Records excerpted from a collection
==========

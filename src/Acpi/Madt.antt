-- ===== src/Acpi/Madt.antt =====
-- device/rtl8139.cpp: the walk of `ioapic_init` over the entries of the interrupt controllers' table.
use modern.Base.{
  ℕ, zero, suc, ◌+◌, ◌<◌, ◌≤◌, ◌≡◌, ◌≢◌, inl, inr, true, false, Option, none, some, List, [], ◌∷◌,
  length, ltb, ◌==◌, ==_of_ne, if◌then◌else◌, refl, arith, Bool-cases,
}
use modern.Base.Bytes.{add64, u64_mod}
use modern.Memory.{Memory}
use modern.Loader.{read_field}
use modern.Acpi.{find_io_apic}

-- Entries of these lengths lie one behind the other from offset `o` on, up to offset `rest`.
abbrev pub IsLaid : Memory → ℕ → ℕ → ℕ → List ℕ → Type 0
IsLaid mem p rest o [] = o ≡ rest
IsLaid mem p rest o (len ∷ lens) =
    (mem (p + o + 1) ≡ len) × (0 < len) × (o < rest) × IsLaid mem p rest (o + len) lens

-- the first of the entries that is an I/O controller
abbrev pub first_io_apic : Memory → ℕ → ℕ → List ℕ → Option (ℕ × ℕ)
first_io_apic mem p o [] = none
first_io_apic mem p o (len ∷ lens) =
    if mem (p + o) == 1
    then some (read_field mem (p + o + 4) 4, read_field mem (p + o + 8) 4)
    else first_io_apic mem p (o + len) lens

laid-le :
    (mem : Memory) (p rest o : ℕ) (lens : List ℕ)
    → IsLaid mem p rest o lens
    → o + length lens ≤ rest
laid-le mem p rest o [] h = omega (arith, h)
laid-le mem p rest o (len ∷ lens) h = omega (arith, h, laid-le mem p rest (o + len) lens h.3)

find_laid :
    (fuel : ℕ) (mem : Memory) (p rest o : ℕ) (lens : List ℕ)
    → rest < u64_mod
    → length lens < fuel
    → IsLaid mem p rest o lens
    → find_io_apic fuel mem p rest o ≡ some (first_io_apic mem p o lens)
unfolding find_io_apic
find_laid zero mem p rest o lens small enough h = absurd (omega arith)
find_laid (suc fuel) mem p rest o [] small enough h =
    let over : ltb o rest ≡ false = ground (arith, h) in rw over refl
find_laid (suc fuel) mem p rest o (len ∷ lens) small enough h =
    let inside : ltb o rest ≡ true = ground (arith, h.2) in
    let next : add64 o (mem (p + o + 1)) ≡ o + len =
      omega (arith, h.0, small, laid-le mem p rest (o + len) lens h.3) in
    elim (Bool-cases (mem (p + o) == 1)) [
      | inl here ↦ rw (inside, here) refl
      | inr on ↦
          rw (inside, on, next) (find_laid fuel mem p rest (o + len) lens small (omega arith) h.3)
    ]

-- On a table whose entries, none of length 0, fill its bytes, the walk ends within the fuel that
-- `ioapic_init` gives it, and finds the first entry of an I/O controller, or that there is none.
pub find_io_apic-first_io_apic :
    (mem : Memory) (p rest : ℕ) (lens : List ℕ)
    → rest < u64_mod
    → IsLaid mem p rest 0 lens
    → find_io_apic (rest + 1) mem p rest 0 ≡ some (first_io_apic mem p 0 lens)
find_io_apic-first_io_apic mem p rest lens small h =
    find_laid (rest + 1) mem p rest 0 lens small (omega (arith, laid-le mem p rest 0 lens h)) h

-- An entry of length 0 that is no I/O controller is read for ever: no fuel is enough.
pub find_io_apic-zero_length :
    (fuel : ℕ) (mem : Memory) (p rest o : ℕ)
    → o < rest
    → rest < u64_mod
    → mem (p + o) ≢ 1
    → mem (p + o + 1) ≡ 0
    → find_io_apic fuel mem p rest o ≡ none
unfolding find_io_apic
find_io_apic-zero_length zero mem p rest o inside small other empty = refl
find_io_apic-zero_length (suc fuel) mem p rest o inside small other empty =
    let within : ltb o rest ≡ true = ground arith in
    let same : add64 o (mem (p + o + 1)) ≡ o = omega (arith, empty) in
    rw (within, ==_of_ne other, same)
      (find_io_apic-zero_length fuel mem p rest o inside small other empty)
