-- ===== src/Acpi/Routes.antt =====
-- device/rtl8139.cpp: the entries of the interrupt controller after `ioapic_init`.
use modern.Base.{
  ℕ, zero, suc, ◌+◌, ◌-◌, ◌*◌, ◌/◌, ◌%◌, ◌^◌, ◌<◌, ◌≤◌, ◌≡◌, ◌≢◌, Bool, true, ◌&&◌, ◌||◌, none,
  some, List, ltb, leb, ◌==◌, ==_of_ne, if◌then◌else◌, refl, arith, ap, ◌∙◌, ℕ_discrete,
}
use modern.Base.Bytes.{u32_mod, sub64}
use modern.Memory.{Memory}
use modern.Pages.{kernel_start}
use modern.Bits.{bit_or}
use modern.Acpi.{
  Device, table_length, table_header, table_data, entry_offset, read_ioapic_register,
  ioapic_disable_irq, ioapic_enable_irq, disable_from, enable_from, set_routes, pic_writes,
  ioapic_init,
}
use modern.Acpi.Madt.{IsLaid, first_io_apic, find_io_apic-first_io_apic}

-- What the code relies on of the controller at `base`: a store to its first address selects a
-- register and changes none; a store 16 bytes further sets the selected register, if it is of the
-- table of entries, and a load there reads it.
pub record IsIoApic (dev : Device) (base : ℕ) : Type 0 where
  pub reg : dev.State → ℕ → ℕ
  pub select : (s : dev.State) (o k : ℕ) → reg (dev.store32 s base o) k ≡ reg s k
  pub set :
      (s : dev.State) (o v k : ℕ)
      → 0x10 ≤ o
      → o < 0x40
      → reg (dev.store32 (dev.store32 s base o) (base + 0x10) v) k ≡ (if k == o then v else reg s k)
  pub get : (s : dev.State) (o : ℕ) → dev.load32 (dev.store32 s base o) (base + 0x10) ≡ reg s o

-- entry `i` for an interrupt that is let through, as `ioapic_enable_irq` writes it
abbrev pub opened : ℕ → ℕ
opened i = bit_or 32 (0x40 + i) (2 ^ 13)

-- a register of entries `i` to `i + n - 1`: the low half of each
abbrev is_low : ℕ → ℕ → ℕ → Bool
is_low i n k = leb (16 + 2 * i) k && (ltb k (16 + 2 * (i + n)) && k % 2 == 0)

-- the interrupts that are let through: the serial port's, and those of the PCI devices
abbrev pub is_open : ℕ → Bool
is_open i = i == 4 || leb 16 i

module _ (dev : Device) (base : ℕ) (c : IsIoApic dev base) where
  disabled :
      (s : dev.State) (i k : ℕ)
      → i < 24
      → c.reg (ioapic_disable_irq dev s base 0x40 (0x40 + i)) k
        ≡ (if k == 16 + 2 * i then 2 ^ 16 else c.reg s k)
  unfolding ioapic_disable_irq
  disabled s i k h =
      let at : entry_offset 0x10 (0x40 + i) 0x40 ≡ 16 + 2 * i = omega arith in
      rw at (c.set s (16 + 2 * i) (2 ^ 16) k (omega arith) (omega arith))

  enabled :
      (s : dev.State) (i k : ℕ)
      → i < 24
      → c.reg (ioapic_enable_irq dev s base 0 0x40 (0x40 + i)) k
        ≡ (if k == 17 + 2 * i then 0 else if k == 16 + 2 * i then opened i else c.reg s k)
  unfolding ioapic_enable_irq
  enabled s i k h =
      let lo : entry_offset 0x10 (0x40 + i) 0x40 ≡ 16 + 2 * i = omega arith in
      let hi : entry_offset 0x11 (0x40 + i) 0x40 ≡ 17 + 2 * i = omega arith in
      let s1 = dev.store32 (dev.store32 s base (16 + 2 * i)) (base + 0x10) (opened i) in
      rw (lo, hi)
        (c.select _ (17 + 2 * i) k
          ∙ c.select _ (16 + 2 * i) k
          ∙ c.set s1 (17 + 2 * i) 0 k (omega arith) (omega arith)
          ∙ ap (λ r. if k == 17 + 2 * i then 0 else r)
              (c.set s (16 + 2 * i) (opened i) k (omega arith) (omega arith)))

  disabled_from :
      (s : dev.State) (i n k : ℕ)
      → i + n ≤ 24
      → c.reg (disable_from dev s base (0x40 + i) n) k
        ≡ (if is_low i n k then 2 ^ 16 else c.reg s k)
  unfolding disable_from
  disabled_from s i zero k h = ground arith
  disabled_from s i (suc n) k h =
      let next : 0x40 + i + 1 ≡ 0x40 + (i + 1) = omega arith in
      rw next (
        ground (
          arith,
          disabled_from (ioapic_disable_irq dev s base 0x40 (0x40 + i)) (i + 1) n k (omega arith),
          disabled s i k (omega arith),
        ))

  -- the low halves of the entries let through, and the high halves of the same
  enabled_from :
      (s : dev.State) (i n k : ℕ)
      → i + n ≤ 24
      → c.reg (enable_from dev s base (0x40 + i) n) k ≡ (
          if leb (16 + 2 * i) k && ltb k (16 + 2 * (i + n))
          then if k % 2 == 0 then opened ((k - 16) / 2) else 0
          else c.reg s k)
  unfolding enable_from
  enabled_from s i zero k h = ground arith
  enabled_from s i (suc n) k h =
      let next : 0x40 + i + 1 ≡ 0x40 + (i + 1) = omega arith in
      rw next (
        ground (
          arith,
          enabled_from (ioapic_enable_irq dev s base 0 0x40 (0x40 + i)) (i + 1) n k (omega arith),
          enabled s i k (omega arith),
        ))

  pub set_routes_low :
      (s : dev.State) (i : ℕ)
      → i < 24
      → c.reg (set_routes dev s base) (16 + 2 * i) ≡ (if is_open i then opened i else 2 ^ 16)
  unfolding set_routes
  set_routes_low s i h =
      let masked = disable_from dev s base 0x40 24 in
      let routed = enable_from dev masked base 0x50 8 in
      enabled routed 4 (16 + 2 * i) (omega arith) ∙ elim (ℕ_discrete i 4) [
        | yes e ↦ rw e refl
        | no ne ↦ ground (
          arith,
          enabled_from masked 16 8 (16 + 2 * i) (omega arith),
          disabled_from s 0 24 (16 + 2 * i) (omega arith),
          ap opened (let back : (16 + 2 * i - 16) / 2 ≡ i = omega arith in back),
        )
      ]

  pub set_routes_high :
      (s : dev.State) (i : ℕ)
      → i < 24
      → is_open i ≡ true
      → c.reg (set_routes dev s base) (17 + 2 * i) ≡ 0
  unfolding set_routes
  set_routes_high s i h open_i =
      let masked = disable_from dev s base 0x40 24 in
      let routed = enable_from dev masked base 0x50 8 in
      enabled routed 4 (17 + 2 * i) (omega arith)
      ∙ ground (arith, enabled_from masked 16 8 (17 + 2 * i) (omega arith))

-- What `ioapic_init` leaves: the registers of the old controllers that were written, and the entry of
-- each interrupt.
pub record IsRouted (dev : Device) (base : ℕ) (c : IsIoApic dev base) (s : dev.State) : Type 0 where
  pub low : (i : ℕ) → i < 24 → c.reg s (16 + 2 * i) ≡ (if is_open i then opened i else 2 ^ 16)
  pub high : (i : ℕ) → i < 24 → is_open i ≡ true → c.reg s (17 + 2 * i) ≡ 0

rest_of : (len : ℕ) → 44 ≤ len → len < u32_mod → sub64 (sub64 len table_header) 8 ≡ len - 44
rest_of len lo hi = omega arith

-- On a table whose entries, none of length 0, fill it, with an I/O controller among them that is not at
-- address 0 and has 24 entries, `ioapic_init` succeeds: exactly the interrupts of the serial port and
-- of the PCI devices are let through, each as its own vector to processor 0, and all others are
-- masked; the old controllers are switched off if the table's flag says that they are there.
pub ioapic_init-IsRouted :
    (dev : Device) (mem : Memory) (table phy_addr irq_base : ℕ) (lens : List ℕ) (s : dev.State)
    (c : IsIoApic dev (kernel_start + phy_addr))
    → 44 ≤ table_length mem table
    → table_length mem table < u32_mod
    → IsLaid mem (table_data table + 8) (table_length mem table - 44) 0 lens
    → first_io_apic mem (table_data table + 8) 0 lens ≡ some (phy_addr, irq_base)
    → phy_addr ≢ 0
    → c.reg s 1 / 2 ^ 16 % 2 ^ 8 ≡ 23
    → (s' : dev.State) × (ioapic_init dev mem table s ≡ some (pic_writes mem table, s'))
      × IsRouted dev (kernel_start + phy_addr) c s'
unfolding ioapic_init read_ioapic_register
ioapic_init-IsRouted dev mem table phy_addr irq_base lens s c lo hi laid first placed version =
    let base = kernel_start + phy_addr in
    let p = table_data table + 8 in
    let len = table_length mem table in
    let found =
      find_io_apic-first_io_apic mem p (len - 44) lens (omega arith) laid ∙ ap some first in
    let s1 = dev.store32 s base 1 in
    (
      set_routes dev s1 base,
      rw (rest_of len lo hi, found, ==_of_ne placed) (rw (c.get s 1, version) refl),
      record {
        low = λ i h. set_routes_low dev base c s1 i h;
        high = λ i h o. set_routes_high dev base c s1 i h o;
      },
    )

-- A table without an I/O controller is refused.
pub ioapic_init_refuses :
    (dev : Device) (mem : Memory) (table : ℕ) (lens : List ℕ) (s : dev.State)
    → 44 ≤ table_length mem table
    → table_length mem table < u32_mod
    → IsLaid mem (table_data table + 8) (table_length mem table - 44) 0 lens
    → first_io_apic mem (table_data table + 8) 0 lens ≡ none
    → ioapic_init dev mem table s ≡ none
unfolding ioapic_init
ioapic_init_refuses dev mem table lens s lo hi laid first =
    let p = table_data table + 8 in
    let len = table_length mem table in
    let found =
      find_io_apic-first_io_apic mem p (len - 44) lens (omega arith) laid ∙ ap some first in
    rw (rest_of len lo hi, found) refl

==========

WHAT YOU SHOULD DO
In the records above, how many lines include the string "antt"? Answer with only the number.

REPLY TO THE EXERCISE
3